***** Records to process *****

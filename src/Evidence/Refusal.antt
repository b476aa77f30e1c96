-- ===== src/Evidence/Refusal.antt =====
-- The two refusals of a submission: an implementor that rejects, and one that claims too much.
use musts.Base.{◌≡◌, refl, true, false, not, ◌&&◌, List, [], ◌∷◌, arith, Bool-cases, inl, inr, ap}
use musts.Base.Order.{◌==◌, ==_iff, nat_ord, list_ord}
use musts.Base.Text.{Text}
use musts.Base.Lists
use musts.Base.Lists.{is_empty}
use musts.Base.Result.{err, evidence_overclaim, evidence_rejected}
use musts.Protocol.{EvidenceAsset, EvidenceValidationResponse}
use musts.Database.{StoredTask, is_green}
use musts.Session.{Session}
use musts.Evidence.Defs.{Env, SubmissionInputs, with_hashes, record_rejection, rejection_message}
use musts.Evidence.Submit.{
  stored_satisfies, stored_hashes, split_claims, evidence_of, accept, reject, conclude,
}
use musts.Evidence.Safety.{record_rejection-green}

-- A claim that the task does not list is unexpected.
split_claims-unexpected :
    (stored ids : List Text) (c : Text)
    → Lists.contains c (split_claims stored ids).1
      ≡ (Lists.contains c ids && not (Lists.contains c stored))
unfolding split_claims Lists.contains
split_claims-unexpected stored [] c = refl
split_claims-unexpected stored (id ∷ ids) c = elim (Bool-cases (c == id)) [
  | inl same ↦ ground (
    arith,
    same,
    split_claims-unexpected stored ids c,
    ap (λ x. Lists.contains x stored) ((==_iff c id).0 same),
  )
  | inr other ↦ ground (arith, other, split_claims-unexpected stored ids c)
]

module _ (env : Env) (inputs : SubmissionInputs) where
  accept-unexpected :
      (stored : StoredTask) (assets : List EvidenceAsset) (response : EvidenceValidationResponse)
      (claims : List Text × List Text) (s : Session) (c : Text)
      → Lists.contains c claims.1 ≡ true
      → accept env inputs stored assets response claims s
        ≡ (err (evidence_overclaim inputs.task_id stored.capability claims.1), s)
  unfolding accept Lists.contains
  accept-unexpected stored assets response (accepted_now, []) s c m = cc
  accept-unexpected stored assets response (accepted_now, x ∷ xs) s c m = refl

  -- An implementor that accepts and claims a check that the task does not satisfy fails the
  -- submission: the error lists the check, and the session is left as it was.
  pub conclude-overclaim :
      (stored : StoredTask) (assets : List EvidenceAsset) (response : EvidenceValidationResponse)
      (s : Session) (c : Text)
      → response.accepted ≡ true
      → Lists.contains c response.satisfies ≡ true
      → Lists.contains c (stored_satisfies env stored) ≡ false
      → (unexpected : List Text) × (Lists.contains c unexpected ≡ true)
        × (conclude env inputs stored assets response s
            ≡ (err (evidence_overclaim inputs.task_id stored.capability unexpected), s))
  unfolding conclude
  conclude-overclaim stored assets response s c taken claimed foreign =
      let claims = split_claims (stored_satisfies env stored) response.satisfies in
      let listed : Lists.contains c claims.1 ≡ true = ground (
        arith,
        claimed,
        foreign,
        split_claims-unexpected (stored_satisfies env stored) response.satisfies c,
      ) in
      (
        claims.1,
        listed,
        ground (arith, taken, accept-unexpected stored assets response claims s c listed),
      )

  -- A rejection is an error with the implementor's reasons; no pair turns green or stops being green,
  -- and the ledger on disk is left as it was.
  pub conclude-rejected :
      (stored : StoredTask) (assets : List EvidenceAsset) (response : EvidenceValidationResponse)
      (s : Session)
      → response.accepted ≡ false
      → ((conclude env inputs stored assets response s).0
          ≡ err (evidence_rejected inputs.task_id stored.capability (rejection_message response)))
        × ((conclude env inputs stored assets response s).1.musts_dir ≡ s.musts_dir)
        × ((c h : Text)
            → is_green (conclude env inputs stored assets response s).1.db c h ≡ is_green s.db c h)
  unfolding conclude reject record_rejection
  conclude-rejected stored assets response s declined = (
    ground (arith, declined),
    ground (arith, declined),
    λ c h. ground (
      arith,
      declined,
      record_rejection-green env inputs
          (evidence_of env inputs
            (with_hashes (stored_hashes env stored) (stored_satisfies env stored)) response.message
            assets response)
          s c h,
    ),
  )
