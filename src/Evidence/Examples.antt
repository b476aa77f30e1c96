-- ===== src/Evidence/Examples.antt =====
-- A submission on a small workspace, and the theorems at it.
use musts.Base.{arith, subst, ◌≡◌, refl, true, false, none, some, List, [], ◌∷◌}
use musts.Base.Order.{nat_ord, pair_ord, list_ord}
use musts.Base.Text.{Text, join}
use musts.Base.Lists
use musts.Base.Lists.{any, find}
use musts.Base.Map.{get, insert, from_list}
use musts.Base.Result.{Error, ok, err}
use musts.Json.{Json}
use musts.Protocol.{Task, EvidenceValidationResponse}
use musts.Ledger.{entry, record_entry}
use musts.Ledger.Reader.{read_lock}
use musts.Ledger.Disk.{absent, load, save}
use musts.Database.{
  Serde, StoredTask, is_green_in, is_green, fetch_task, insert_atomic, insert_rows, conflicts,
  same_key,
}
use musts.Snapshot.{recompute_task_snapshot_hash, current_pairs, pairs_bytes, field_bytes}
use musts.Extension.{BuiltinCapability, lookup, find_capability}
use musts.Session.{Session}
use musts.Evidence.Defs.{
  AcceptedEvidence, Env, SubmissionInputs, EvidenceSubmissionResult, persist_accepted,
  evidence_rows, record_all, save_changed, describe_all, rejection_message, stored_hash,
  with_hashes,
}
use musts.Evidence.Submit.{
  stored_satisfies, stored_hashes, judge, split_claims, accept, conclude, submit_stored, submit,
}
use musts.Evidence.Reload.{persist_accepted-Loads}
use musts.Ledger.Disk.Parser.{read_lock-IsLedgerParser}
use musts.Ledger.Disk.Plain.{AllStorable}
use musts.Ledger.{LedgerLock, default}
use musts.Evidence.Persist.{Loads, Recorded, persist_accepted-Recorded}
use musts.Evidence.Freshness.{IsScopeHasher, Fresh, submit-only_claims}
use musts.Evidence.Success.{submit-Recorded}
use musts.Evidence.Refusal.{conclude-overclaim, conclude-rejected}

abbrev sample_task : Task
sample_task = record {
  id = 116 ∷ [];
  extension = 98 ∷ [];
  title = [];
  satisfies = (99 ∷ []) ∷ [];
  parallelizable = true;
  instructions = [];
  evidence_contract = record { text = record { required = true; description = none }; assets = [] };
  command = none;
}

-- the checks column holds one check, and the hashes column the hash of the check `c`
abbrev sample_serde : Serde
sample_serde = record {
  texts = record { encode = join (44 ∷ []); decode = λ t. some (t ∷ []) };
  hashes = record { encode = λ m. []; decode = λ t. some ((99 ∷ [], t) ∷ []) };
  task = record { encode = λ t. t.id; decode = λ t. some sample_task };
  submission = λ s. [];
  response = λ r. [];
}

abbrev accepting : BuiltinCapability
accepting = record {
  uses = 98 ∷ [];
  schema = Json.null;
  resolve = λ r. err Error.io;
  evidence = λ r. ok (record {
    protocol_version = 1;
    accepted = true;
    satisfies = (99 ∷ []) ∷ [];
    summary = none;
    normalized_assets = [];
    missing = [];
    message = none;
  });
}

abbrev sample_env : Env
sample_env = record {
  digest = λ t. t;
  serde = sample_serde;
  from_slice = read_lock;
  workspace_root = [];
  now_unix = 7;
  submission_id = 115 ∷ [];
  descriptors = ok [];
  registry = accepting ∷ [];
  run_evidence = λ d c r. err Error.io;
  describe_asset = λ p. err Error.io;
  compute_current_scope_hashes = λ s. (ok ((99 ∷ [], 104 ∷ []) ∷ []), s);
}

abbrev sample_inputs : SubmissionInputs
sample_inputs = record { task_id = 116 ∷ []; text = none; asset_paths = [] }

abbrev sample_row : StoredTask
sample_row = record {
  capability = 98 ∷ [];
  title = [];
  satisfies_json = 99 ∷ [];
  scope_hashes_json = 104 ∷ [];
  task_snapshot_hash = 99 ∷ 0 ∷ 104 ∷ 0 ∷ [];
  payload_json = [];
  created_at = 0;
}

abbrev before : Session
before = record {
  db = record {
    file_fingerprints = [];
    scope_snapshots = [];
    tasks = (116 ∷ [], sample_row) ∷ [];
    resolve_notes = [];
    evidence_records = [];
  };
  musts_dir = record {
    lock_file = absent;
    lock_writable = true;
    gitattributes = absent;
    gitattributes_writable = true;
  };
}

abbrev after : Session
after = (submit sample_env sample_inputs before).1

abbrev sample_result : EvidenceSubmissionResult
sample_result = record {
  task_id = 116 ∷ [];
  submission_id = 115 ∷ [];
  satisfied = (99 ∷ []) ∷ [];
  summary = none;
}

sample-IsScopeHasher : IsScopeHasher sample_env
sample-IsScopeHasher = record {
  evidence_records = λ s. refl;
  tasks = λ s. refl;
  musts_dir = λ s. refl;
}

sample_runs : submit sample_env sample_inputs before ≡ (ok sample_result, after)
unfolding submit fetch_task get list_ord submit_stored recompute_task_snapshot_hash current_pairs
    from_list insert pairs_bytes field_bytes describe_all find_capability lookup find judge conclude
    split_claims Lists.contains accept with_hashes stored_hash persist_accepted insert_atomic
    insert_rows conflicts same_key any evidence_rows record_all record_entry load save_changed save
sample_runs = refl

was_open : is_green before.db (99 ∷ []) (104 ∷ []) ≡ false
unfolding is_green is_green_in any
was_open = refl

turns_green : is_green after.db (99 ∷ []) (104 ∷ []) ≡ true
unfolding is_green is_green_in submit fetch_task get list_ord submit_stored
    recompute_task_snapshot_hash current_pairs from_list insert pairs_bytes field_bytes describe_all
    find_capability lookup find judge conclude split_claims Lists.contains accept with_hashes
    stored_hash persist_accepted insert_atomic insert_rows conflicts same_key any evidence_rows
    record_all record_entry load save_changed save
turns_green = refl

submit-only_claims_example :
    (stored : StoredTask) × (fetch_task (116 ∷ []) before.db ≡ some stored)
    × (Lists.contains (99 ∷ []) (stored_satisfies sample_env stored) ≡ true)
    × ((104 ∷ []) ≡ stored_hash (stored_hashes sample_env stored) (99 ∷ []))
    × Fresh sample_env before stored
submit-only_claims_example =
    submit-only_claims sample_env sample_inputs sample-IsScopeHasher before (99 ∷ []) (104 ∷ [])
      was_open turns_green

reported : Lists.contains (99 ∷ []) sample_result.satisfied ≡ true
unfolding Lists.contains list_ord
reported = refl

submit-Recorded_example :
    (stored : StoredTask) × (fetch_task (116 ∷ []) before.db ≡ some stored)
    × (Lists.contains (99 ∷ []) (stored_satisfies sample_env stored) ≡ true)
    × (is_green after.db (99 ∷ []) (stored_hash (stored_hashes sample_env stored) (99 ∷ [])) ≡ true)
    × Recorded sample_env after (99 ∷ []) (stored_hash (stored_hashes sample_env stored) (99 ∷ []))
submit-Recorded_example =
    submit-Recorded sample_env sample_inputs before after sample_result (99 ∷ []) sample_runs
      reported

-- claims the check of the task and another one
abbrev greedy : EvidenceValidationResponse
greedy = record {
  protocol_version = 1;
  accepted = true;
  satisfies = (99 ∷ []) ∷ (100 ∷ []) ∷ [];
  summary = none;
  normalized_assets = [];
  missing = [];
  message = none;
}

abbrev declining : EvidenceValidationResponse
declining = record greedy { accepted = false; satisfies = [] }

claims_foreign :
    (Lists.contains (100 ∷ []) greedy.satisfies ≡ true)
    × (Lists.contains (100 ∷ []) (stored_satisfies sample_env sample_row) ≡ false)
unfolding Lists.contains list_ord
claims_foreign = (refl, refl)

conclude-overclaim_example :
    (unexpected : List Text) × (Lists.contains (100 ∷ []) unexpected ≡ true)
    × (conclude sample_env sample_inputs sample_row [] greedy before
        ≡ (err (Error.evidence_overclaim (116 ∷ []) (98 ∷ []) unexpected), before))
conclude-overclaim_example =
    conclude-overclaim sample_env sample_inputs sample_row [] greedy before (100 ∷ []) refl
      claims_foreign.0 claims_foreign.1

conclude-rejected_example :
    ((conclude sample_env sample_inputs sample_row [] declining after).0
      ≡ err (Error.evidence_rejected (116 ∷ []) (98 ∷ []) (rejection_message declining)))
    × ((conclude sample_env sample_inputs sample_row [] declining after).1.musts_dir
        ≡ after.musts_dir)
    × ((c h : Text)
        → is_green (conclude sample_env sample_inputs sample_row [] declining after).1.db c h
          ≡ is_green after.db c h)
conclude-rejected_example =
    conclude-rejected sample_env sample_inputs sample_row [] declining after refl

abbrev sample_evidence : AcceptedEvidence
sample_evidence = record {
  task_id = 116 ∷ [];
  submission_id = 115 ∷ [];
  checks = (99 ∷ [], 104 ∷ []) ∷ [];
  summary = none;
  submission_json = [];
  result_json = [];
}

abbrev persisted : Session
persisted = (persist_accepted sample_env sample_evidence before).1

persists : persist_accepted sample_env sample_evidence before ≡ (ok tt, persisted)
unfolding persist_accepted insert_atomic insert_rows conflicts any evidence_rows record_all
    record_entry get list_ord load save_changed save
persists = refl

persist_accepted-Recorded_example :
    (Lists.contains (entry (99 ∷ []) (104 ∷ [])) sample_evidence.checks ≡ true
      → (is_green persisted.db (99 ∷ []) (104 ∷ []) ≡ true)
        × Recorded sample_env persisted (99 ∷ []) (104 ∷ []))
    × (Loads sample_env before (99 ∷ []) (104 ∷ [])
        → Recorded sample_env persisted (99 ∷ []) (104 ∷ []))
persist_accepted-Recorded_example =
    persist_accepted-Recorded sample_env sample_evidence before persisted (99 ∷ []) (104 ∷ [])
      persists

storable :
    (lock : LedgerLock)
    → load read_lock before.musts_dir ≡ ok lock
    → AllStorable (record_all sample_evidence.checks lock).0
unfolding load record_all record_entry insert
storable lock loads =
    let same : default ≡ lock = ground arith in
    subst (λ (l : LedgerLock). AllStorable (record_all sample_evidence.checks l).0) same
      (((refl, tt), (refl, tt)), tt)

persist_accepted-Loads_example :
    (Lists.contains (entry (99 ∷ []) (104 ∷ [])) sample_evidence.checks ≡ true
      → Loads sample_env persisted (99 ∷ []) (104 ∷ []))
    × (Loads sample_env before (99 ∷ []) (104 ∷ [])
        → Loads sample_env persisted (99 ∷ []) (104 ∷ []))
persist_accepted-Loads_example =
    persist_accepted-Loads sample_env read_lock-IsLedgerParser sample_evidence before persisted
      (99 ∷ []) (104 ∷ []) storable persists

*****

» **Problem statement**
Show the lines where the word "BuiltinCapability" appears in the entries.

» **Written answer**
use musts.Extension.{BuiltinCapability, lookup, find_capability}
abbrev accepting : BuiltinCapability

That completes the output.